The Spaniard's sportsmanship was recognised with a presentation at the ATP Tour gala in March, since when he has rewarded himself with an impressive run through the clay court season. Yesterday, Corretja won the Italian Open, his most prestigious title to date, collecting $325,000 (pounds 240,000) after defeating Marcelo Rios, the talented young Chilean, 7-5, 7-5, 6- 3 in the final.

Three weeks ago, Rios defeated Corretja in straight sets in the final of the Monte Carlo Open. The Chilean also dominated their previous meeting in Rome, eliminating Corretja in the first round of last May's championships. But yesterday it was the 23-year-old from Barcelona who proved to have the smarter shot selection and stronger mental capacity.

Although the contest stretched to two hours and 23 minutes, both players acknowledged that the crux of it came as early as the third game of the opening set, with Rios leading, 2-0, and Corretja serving.

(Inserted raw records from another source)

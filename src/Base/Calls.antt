-- ===== src/Base/Calls.antt =====
-- How a call of C code ends: normally, by `abort()`, by behaviour that C leaves undefined (a read
-- or write out of range, a null pointer, a division by zero), or short of the loop's fuel.
use mathlib.Core.Path.{◌≡◌, refl}
use mathlib.Core.Bool.{Bool, true, false}
use mathlib.Core.Option.{Option, none, some}

pub data Outcome {ℓ} (A : Type ℓ) : Type ℓ where
  ok : A → Outcome A
  aborted fault out_of_fuel : Outcome A

-- What follows a call runs only if the call returns.
infixl 5 ◌>>=◌
abbrev pub ◌>>=◌ {ℓ κ} : {A : Type ℓ} {B : Type κ} → Outcome A → (next : A → Outcome B) → Outcome B
ok value >>= next = next value
aborted >>= next = aborted
fault >>= next = fault
out_of_fuel >>= next = out_of_fuel

infixl 5 ◌>>◌
abbrev pub ◌>>◌ {ℓ} : {B : Type ℓ} (call : Outcome (Unit {0})) (next : Outcome B) → Outcome B
call >> next = call >>= λ done. next

-- `if (!test) abort();`
abbrev pub require : Bool → Outcome (Unit {0})
require true = ok tt
require false = aborted

-- A value whose absence C leaves undefined.
abbrev pub expect {ℓ} : {A : Type ℓ} → Option A → Outcome A
expect none = fault
expect (some a) = ok a

pub >>=-assoc {ℓ κ μ} :
    {A : Type ℓ} {B : Type κ} {C : Type μ} (call : Outcome A) (then_b : A → Outcome B)
    (then_c : B → Outcome C)
    → ((call >>= then_b) >>= then_c) ≡ (call >>= λ a. then_b a >>= then_c)
>>=-assoc (ok a) then_b then_c = refl
>>=-assoc aborted then_b then_c = refl
>>=-assoc fault then_b then_c = refl
>>=-assoc out_of_fuel then_b then_c = refl

-- A call that returns made each of its calls return.
pub >>=-eq-ok {ℓ κ} :
    {A : Type ℓ} {B : Type κ} (call : Outcome A) (next : A → Outcome B) {result : B}
    → (call >>= next) ≡ ok result
    → (value : A) × (call ≡ ok value) × (next value ≡ ok result)
>>=-eq-ok (ok value) next returned = (value, refl, returned)
>>=-eq-ok aborted next returned = cc
>>=-eq-ok fault next returned = cc
>>=-eq-ok out_of_fuel next returned = cc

The mini-match within the match lasted 18 minutes and comprised 24 points. There were nine deuces, and Corretja managed to hold serve on his eighth game point, having saved two break points.

In a sense, the Spaniard invited problems by twice double-faulting after creating his first game point at 40-30 - although it transpired that the scramble which followed worked in Corretja's favour.

A game that began with Corretja desperate to halt his opponent's flow of points ended with Rios feeling frustrated and doubting himself. After Corretja finally hit the winning smash, Rios was counting the errors that had lost him so many lengthy rallies.

"If I had won that game I think I would have won the set and then maybe the match," the Chilean said. "He didn't kill me with winners. He put a lot of balls in, and I made many misses, and that was [the story of] the match."

Rattled by the Spaniard's resilience, Rios quickly became a far different proposition from the fierce competitor who outlasted Jim Courier in the quarter-finals.

Betraying an ominous lack of confidence, Rios salvaged only one point when broken for 2-2. Corretja promptly held to love, and though the rallies continued to flourish, the Spaniard seemed too keenly aware that his opponent was rarely far from an error.

Rios must have been wondering if the 10,000 crowd at the Foro Italico had finally lost their minds after a week of intense heat, judging by the whistles, jeers and laughter which greeted a PA announcement during a changeover, with Corretja leading 5-4. The plea was for "the owner of a yellow Ferrari" to go and turn his alarm off.

The response brought some light relief to the proceedings, though not on the Chilean's side of the net. There was almost a touch of resignation in the backhand he misdirected wide to lose the set.

Encouraged by an ace with which he saved a break point to prevent Corretja from taking a 2-0 lead in the second set, Rios prospered when the Spaniard mis-hit a forehand to be broken for 1-2. Corretja was not as impressed as the spectators, breaking back for 2-2. "At one set down, he didn't believe in himself," Corretja said. "That's why I broke him."

The Spaniard guessed right. Rios did not have the conviction needed to level the match, even after he served for the set after breaking for 5- 4. A loose forehand into the net from a service return cost him the chance, and a netted backhand in the 12th game compounded his misery.

"He beat me three weeks ago, but I thought today was my day," Corretja said. "I was mentally stronger, and he was tired."

The crowd sensed this, too, attempting to rouse Rios when the Chilean met their approval with a promising shot, but quick to whistle and jeer on the numerous occasions he failed to deliver. Three consecutive break of serve decided the final set, Rios staging a brief recovery from 1-3, only to be broken against for 2-4.

Greg Rusedski failed to qualify for the clay court tournament in St Polton, Austria, which starts today. The British No 2 lost to Sweden's Tomas Nydahl in the final qualifying round. Tim Henman, the British No 1, plays Sheng Schalken, of the Netherlands, in the main draw.